TASK DESCRIPTION: Where the word "that" appears in a line below, copy the whole line.

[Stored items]

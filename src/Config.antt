-- ===== src/Config.antt =====
-- proxy/stream/config/config.go: the settings of a stream, from the environment (`none` for a variable
-- that is not set).
use streamweaver.Prelude.{
  ℕ, Bool, true, ◌&&◌, Option, none, some, Text, bytes, ℤ, pos, leb_ℤ, atoi, if◌then◌else◌,
}

abbrev pub LookupEnv : Type 0
LookupEnv = Text → Option Text

-- `initial_backoff` is in nanoseconds.
pub record StreamConfig : Type 0 where
  pub shared_buffer_size : ℤ
  pub chunk_size : ℕ
  pub timeout_seconds : ℤ
  pub initial_backoff : ℤ
  pub max_retries : ℤ

-- The value of a variable that is a number, and passes the test; the default otherwise.
unfoldable pub int_variable : (ℤ → Bool) → ℤ → Option Text → ℤ
unfolding atoi
int_variable test default none = default
int_variable test default (some s) =
    let (n, valid) = atoi s in if valid && test n then n else default

unfoldable pub new_default_stream_config : LookupEnv → StreamConfig
unfolding int_variable
new_default_stream_config env = record {
  shared_buffer_size = int_variable (λ n. leb_ℤ (pos 0) n) (pos 8) (env (bytes "BUFFER_CHUNK_NUM"));
  chunk_size = 1048576;
  timeout_seconds = int_variable (λ n. leb_ℤ (pos 0) n) (pos 3) (env (bytes "STREAM_TIMEOUT"));
  initial_backoff = pos 200000000;
  max_retries = int_variable (λ n. true) (pos 5) (env (bytes "MAX_RETRIES"));
}

-- proxy/loadbalancer/config.go
pub record LbConfig : Type 0 where
  pub max_retries : ℤ
  pub retry_wait : ℤ

pub new_default_lb_config : LookupEnv → LbConfig
unfolding int_variable
new_default_lb_config env = record {
  max_retries = int_variable (λ n. true) (pos 5) (env (bytes "MAX_RETRIES"));
  retry_wait = int_variable (λ n. true) (pos 0) (env (bytes "RETRY_WAIT"));
}
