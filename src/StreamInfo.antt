-- ===== src/StreamInfo.antt =====
-- sourceproc/stream_info.go: a channel with the addresses of its streams.
use streamweaver.Prelude.{ℕ, Option, Text, Table}

-- The addresses by M3U index and then by sub-index; `none` for a nil map.
pub record StreamInfo : Type 0 where
  pub title : Text
  pub tvg_id : Text
  pub tvg_ch_no : Text
  pub tvg_type : Text
  pub logo_url : Text
  pub group : Text
  pub urls : Option (Table (Table Text))
  pub source_m3u : Text
  pub source_index : ℕ
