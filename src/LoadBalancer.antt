-- ===== src/LoadBalancer.antt =====
-- proxy/loadbalancer/instance.go: the choice of a stream address for a request. The instance belongs to
-- one request, so its fields are its own; the clock of the model, `tick`, counts its calls of what it
-- shares with others or asks of the outside. The log and the measuring of times are left out.
pub mod Names
pub mod Candidates
pub mod Balance
pub mod Manager
pub mod Sources
pub mod Attempts
pub mod Walk
pub mod Distinct
pub mod Repeats
pub mod Rounds
pub mod Exhausted
pub mod Ending
mod Examples
use streamweaver.Prelude.{
  ℕ, ◌≡◌, Bool, Option, none, some, List, [], ◌∷◌, ◌++◌, Text, bytes, Table, lookup, put, without,
  contains, ℤ, pos, leb_ℤ, suc, length,
}
use streamweaver.StreamInfo.{StreamInfo}

-- What the program reads of an http.Response: the status, the headers, and the path of the request
-- that it answers, if it has one.
pub record Response : Type 0 where
  pub status_code : ℕ
  pub header : Table (List Text)
  pub request_path : Option Text

pub record LoadBalancerResult : Type 0 where
  pub response : Response
  pub url : Text
  pub index : Text
  pub sub_index : Text

-- A value stands for the errors of the load balancer; `no_stream_info` is the panic on a nil
-- StreamInfo.
pub data BalanceError : Type 0 where
  nil_context nil_request empty_method nil_url fetching_sources cancelling exhausted : BalanceError
  context_canceled nil_index_provider no_indexes no_available_streams : BalanceError
  nil_http_client all_urls_failed no_urls no_valid_urls bad_slug no_stream_info : BalanceError

pub data Result {ℓ} (A : Type ℓ) : Type ℓ where
  ok : A → Result A
  err : BalanceError → Result A

-- What the load balancer reads of the concurrency manager, at one moment.
pub record Slots : Type 1 where
  pub Manager : Type 0
  pub is_full : Manager → Text → Bool
  pub priority : Manager → Text → ℤ
  pub full_iff : (m : Manager) (k : Text) → is_full m k ≡ leb_ℤ (priority m k) (pos 0)

-- How a try of an address ends: http.NewRequest fails, the client fails, it gives no response, or one.
pub data Reply : Type 0 where
  bad_request failed no_response : Reply
  replied : Response → Reply

-- What is outside of the instance, at each tick: the manager, which other requests change, whether the
-- context is done, and what a request with this method and address would get.
pub record World (s : Slots) : Type 0 where
  pub manager : ℕ → s.Manager
  pub cancelled : ℕ → Bool
  pub fetch : ℕ → Text → Text → Reply

-- `sent` lists the candidates for which a request was sent, the latest first. It stands for what the
-- HTTP client has seen.
pub record Instance : Type 0 where
  pub info : Option StreamInfo
  pub tested : Table (List Text)
  pub tick : ℕ
  pub sent : List Text

pub new_instance : Instance
new_instance = record { info = none; tested = []; tick = 0; sent = [] }

pub tested_of : Instance → Text → List Text
tested_of i stream_id = elim (lookup stream_id i.tested) [ none ↦ [] | some ids ↦ ids ]

pub get_num_tested_indexes : Instance → Text → ℕ
unfolding tested_of
get_num_tested_indexes i stream_id = length (tested_of i stream_id)

pub mark_tested : Text → Text → Instance → Instance
unfolding tested_of
mark_tested stream_id id i = record i {
  tested = put stream_id (tested_of i stream_id ++ id ∷ []) i.tested;
}

pub clear_tested : Text → Instance → Instance
clear_tested stream_id i = record i { tested = without stream_id i.tested }

abbrev pub candidate : Text → Text → Text
candidate index sub_index = index ++ bytes "|" ++ sub_index

pub waited : Instance → Instance
waited i = record i { tick = suc i.tick }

ANSWER TO THE EXERCISE:
-- that is not set).
-- The value of a variable that is a number, and passes the test; the default otherwise.
-- that it answers, if it has one.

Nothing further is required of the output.